*Data supplied*.
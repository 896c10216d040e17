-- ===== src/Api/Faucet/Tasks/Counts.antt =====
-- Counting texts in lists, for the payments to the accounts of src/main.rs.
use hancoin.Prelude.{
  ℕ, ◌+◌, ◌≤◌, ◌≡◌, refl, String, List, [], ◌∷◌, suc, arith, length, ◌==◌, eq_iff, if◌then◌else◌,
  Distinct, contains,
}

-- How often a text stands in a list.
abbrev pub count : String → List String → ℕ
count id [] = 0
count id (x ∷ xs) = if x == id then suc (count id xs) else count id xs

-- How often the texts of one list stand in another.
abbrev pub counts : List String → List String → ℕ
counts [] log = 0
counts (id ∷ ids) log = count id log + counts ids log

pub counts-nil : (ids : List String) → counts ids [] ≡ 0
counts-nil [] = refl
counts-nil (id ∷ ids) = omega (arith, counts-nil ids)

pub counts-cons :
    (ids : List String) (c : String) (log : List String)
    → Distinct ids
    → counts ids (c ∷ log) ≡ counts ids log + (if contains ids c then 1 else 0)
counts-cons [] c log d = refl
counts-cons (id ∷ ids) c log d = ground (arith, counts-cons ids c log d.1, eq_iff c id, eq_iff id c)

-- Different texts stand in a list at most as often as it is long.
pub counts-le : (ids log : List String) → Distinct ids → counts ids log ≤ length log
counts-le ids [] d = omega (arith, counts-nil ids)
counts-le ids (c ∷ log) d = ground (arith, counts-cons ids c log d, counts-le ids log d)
...
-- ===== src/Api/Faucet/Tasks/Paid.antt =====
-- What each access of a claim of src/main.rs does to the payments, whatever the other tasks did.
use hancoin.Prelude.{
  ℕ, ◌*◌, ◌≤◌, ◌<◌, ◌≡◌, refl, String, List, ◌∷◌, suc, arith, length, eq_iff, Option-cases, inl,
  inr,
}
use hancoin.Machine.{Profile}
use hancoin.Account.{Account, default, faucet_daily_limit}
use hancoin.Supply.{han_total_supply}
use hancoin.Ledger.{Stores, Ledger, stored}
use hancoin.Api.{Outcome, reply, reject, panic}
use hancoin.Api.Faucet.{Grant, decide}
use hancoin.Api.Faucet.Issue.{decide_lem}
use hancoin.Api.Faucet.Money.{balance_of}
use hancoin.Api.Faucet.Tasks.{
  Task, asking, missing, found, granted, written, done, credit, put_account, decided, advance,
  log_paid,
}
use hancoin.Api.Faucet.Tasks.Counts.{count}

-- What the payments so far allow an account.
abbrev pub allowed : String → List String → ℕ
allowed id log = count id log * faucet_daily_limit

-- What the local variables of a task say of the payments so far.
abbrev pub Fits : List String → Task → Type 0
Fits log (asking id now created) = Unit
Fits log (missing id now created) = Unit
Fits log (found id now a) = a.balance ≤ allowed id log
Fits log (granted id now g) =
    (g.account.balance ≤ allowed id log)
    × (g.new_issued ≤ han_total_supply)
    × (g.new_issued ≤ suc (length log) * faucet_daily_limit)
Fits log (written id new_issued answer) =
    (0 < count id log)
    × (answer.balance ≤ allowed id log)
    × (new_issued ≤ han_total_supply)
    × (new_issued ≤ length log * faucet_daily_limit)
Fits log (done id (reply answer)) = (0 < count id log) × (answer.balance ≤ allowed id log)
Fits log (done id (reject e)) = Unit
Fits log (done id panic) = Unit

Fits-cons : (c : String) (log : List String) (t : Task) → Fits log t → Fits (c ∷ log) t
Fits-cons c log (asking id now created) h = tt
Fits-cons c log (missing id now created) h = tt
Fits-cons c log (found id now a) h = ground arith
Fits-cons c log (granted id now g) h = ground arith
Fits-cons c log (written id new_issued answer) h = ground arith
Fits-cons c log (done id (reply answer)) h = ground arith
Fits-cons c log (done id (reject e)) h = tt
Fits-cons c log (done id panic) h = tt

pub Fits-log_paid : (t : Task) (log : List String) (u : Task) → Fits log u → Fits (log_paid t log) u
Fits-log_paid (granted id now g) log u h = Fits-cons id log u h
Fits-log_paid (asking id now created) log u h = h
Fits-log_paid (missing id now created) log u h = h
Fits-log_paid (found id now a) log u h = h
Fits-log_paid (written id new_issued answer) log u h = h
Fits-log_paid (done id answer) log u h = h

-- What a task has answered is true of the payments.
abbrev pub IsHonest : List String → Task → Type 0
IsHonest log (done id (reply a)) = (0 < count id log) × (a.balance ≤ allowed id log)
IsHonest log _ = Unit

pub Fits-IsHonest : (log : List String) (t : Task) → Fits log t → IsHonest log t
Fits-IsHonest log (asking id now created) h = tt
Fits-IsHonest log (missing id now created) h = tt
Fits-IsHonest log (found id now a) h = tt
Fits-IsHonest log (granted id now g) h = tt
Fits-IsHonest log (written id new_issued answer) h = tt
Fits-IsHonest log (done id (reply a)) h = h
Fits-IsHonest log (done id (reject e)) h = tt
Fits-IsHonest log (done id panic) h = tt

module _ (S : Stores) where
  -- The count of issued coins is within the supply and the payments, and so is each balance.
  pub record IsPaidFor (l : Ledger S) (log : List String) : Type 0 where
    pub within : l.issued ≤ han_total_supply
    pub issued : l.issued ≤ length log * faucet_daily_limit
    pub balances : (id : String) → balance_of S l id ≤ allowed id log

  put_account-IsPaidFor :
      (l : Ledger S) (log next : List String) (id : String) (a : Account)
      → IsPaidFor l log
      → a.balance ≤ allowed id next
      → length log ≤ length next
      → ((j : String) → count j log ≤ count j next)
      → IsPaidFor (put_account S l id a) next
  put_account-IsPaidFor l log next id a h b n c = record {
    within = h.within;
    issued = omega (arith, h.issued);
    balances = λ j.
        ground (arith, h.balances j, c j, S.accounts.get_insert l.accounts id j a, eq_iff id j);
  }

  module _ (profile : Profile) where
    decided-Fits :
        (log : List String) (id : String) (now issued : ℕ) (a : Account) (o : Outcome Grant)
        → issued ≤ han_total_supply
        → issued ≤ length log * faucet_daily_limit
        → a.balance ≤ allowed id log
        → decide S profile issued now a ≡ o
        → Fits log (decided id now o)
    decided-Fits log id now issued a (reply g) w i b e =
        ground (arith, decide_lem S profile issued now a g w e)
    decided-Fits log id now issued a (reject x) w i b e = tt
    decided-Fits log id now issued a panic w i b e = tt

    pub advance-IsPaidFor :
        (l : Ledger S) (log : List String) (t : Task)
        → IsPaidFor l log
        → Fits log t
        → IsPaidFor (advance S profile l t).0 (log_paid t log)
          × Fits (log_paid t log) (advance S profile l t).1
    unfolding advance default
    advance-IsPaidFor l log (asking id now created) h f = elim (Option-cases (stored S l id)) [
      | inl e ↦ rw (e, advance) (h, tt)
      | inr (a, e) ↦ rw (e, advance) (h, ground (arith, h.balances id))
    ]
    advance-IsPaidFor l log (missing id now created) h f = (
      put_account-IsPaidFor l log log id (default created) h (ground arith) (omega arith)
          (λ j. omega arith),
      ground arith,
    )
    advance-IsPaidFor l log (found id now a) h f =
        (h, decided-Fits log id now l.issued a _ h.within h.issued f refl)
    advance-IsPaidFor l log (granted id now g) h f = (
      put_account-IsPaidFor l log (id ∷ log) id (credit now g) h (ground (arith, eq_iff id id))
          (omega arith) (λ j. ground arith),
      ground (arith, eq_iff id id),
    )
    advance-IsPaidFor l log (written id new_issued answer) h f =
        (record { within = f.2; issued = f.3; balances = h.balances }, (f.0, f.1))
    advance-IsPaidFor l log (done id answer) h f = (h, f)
---
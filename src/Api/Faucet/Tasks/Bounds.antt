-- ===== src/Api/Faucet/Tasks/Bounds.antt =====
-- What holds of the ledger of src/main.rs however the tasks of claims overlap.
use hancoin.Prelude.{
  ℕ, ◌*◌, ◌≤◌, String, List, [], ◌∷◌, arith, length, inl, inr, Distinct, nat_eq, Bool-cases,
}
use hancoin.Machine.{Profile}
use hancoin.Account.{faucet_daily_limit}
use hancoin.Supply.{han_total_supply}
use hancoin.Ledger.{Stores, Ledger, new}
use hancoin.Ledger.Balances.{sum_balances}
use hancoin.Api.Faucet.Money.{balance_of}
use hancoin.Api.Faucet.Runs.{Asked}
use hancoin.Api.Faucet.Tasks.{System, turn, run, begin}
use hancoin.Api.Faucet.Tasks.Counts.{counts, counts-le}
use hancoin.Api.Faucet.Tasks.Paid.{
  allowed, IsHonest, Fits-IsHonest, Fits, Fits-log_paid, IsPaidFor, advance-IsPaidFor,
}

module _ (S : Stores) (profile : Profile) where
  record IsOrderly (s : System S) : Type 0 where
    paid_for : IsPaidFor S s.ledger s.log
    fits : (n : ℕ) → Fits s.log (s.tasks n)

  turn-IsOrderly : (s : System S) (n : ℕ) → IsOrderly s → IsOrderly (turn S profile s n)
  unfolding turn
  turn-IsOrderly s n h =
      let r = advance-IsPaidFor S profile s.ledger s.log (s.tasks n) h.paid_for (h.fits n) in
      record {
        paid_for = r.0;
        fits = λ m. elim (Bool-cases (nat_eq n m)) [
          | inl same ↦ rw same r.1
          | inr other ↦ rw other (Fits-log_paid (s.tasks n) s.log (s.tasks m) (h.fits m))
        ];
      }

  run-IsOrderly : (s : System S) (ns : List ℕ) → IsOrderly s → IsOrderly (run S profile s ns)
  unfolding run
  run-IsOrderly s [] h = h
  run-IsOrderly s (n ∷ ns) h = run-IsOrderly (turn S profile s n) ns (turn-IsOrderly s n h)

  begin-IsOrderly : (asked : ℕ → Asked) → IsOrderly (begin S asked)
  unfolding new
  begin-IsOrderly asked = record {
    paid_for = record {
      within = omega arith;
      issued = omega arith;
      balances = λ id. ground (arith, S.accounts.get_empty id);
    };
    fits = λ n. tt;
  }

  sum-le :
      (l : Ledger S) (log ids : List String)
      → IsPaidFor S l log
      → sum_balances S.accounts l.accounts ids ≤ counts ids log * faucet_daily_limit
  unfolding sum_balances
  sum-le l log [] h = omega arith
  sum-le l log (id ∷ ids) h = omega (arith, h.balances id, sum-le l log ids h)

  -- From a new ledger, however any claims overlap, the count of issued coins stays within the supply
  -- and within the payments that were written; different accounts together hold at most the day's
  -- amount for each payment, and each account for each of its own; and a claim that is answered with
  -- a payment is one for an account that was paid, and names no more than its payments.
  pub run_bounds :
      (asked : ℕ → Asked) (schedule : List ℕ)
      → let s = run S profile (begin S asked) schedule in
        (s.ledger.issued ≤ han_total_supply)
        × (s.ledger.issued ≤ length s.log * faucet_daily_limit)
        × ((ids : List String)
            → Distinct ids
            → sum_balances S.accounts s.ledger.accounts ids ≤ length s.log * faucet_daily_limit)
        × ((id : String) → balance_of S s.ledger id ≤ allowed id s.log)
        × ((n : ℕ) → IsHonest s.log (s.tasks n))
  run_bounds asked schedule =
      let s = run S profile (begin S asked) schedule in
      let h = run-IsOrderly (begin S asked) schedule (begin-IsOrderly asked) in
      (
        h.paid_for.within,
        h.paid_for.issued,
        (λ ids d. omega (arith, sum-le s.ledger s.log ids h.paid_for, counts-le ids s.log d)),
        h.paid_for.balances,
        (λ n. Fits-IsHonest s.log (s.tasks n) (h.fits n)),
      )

*Work order*.
In the listing, return each line containing the string "found".

*Response to the task*.
  Task, asking, missing, found, granted, written, done, credit, put_account, decided, advance,
Fits log (found id now a) = a.balance ≤ allowed id log
Fits-cons c log (found id now a) h = ground arith
Fits-log_paid (found id now a) log u h = h
Fits-IsHonest log (found id now a) h = tt
    advance-IsPaidFor l log (found id now a) h f =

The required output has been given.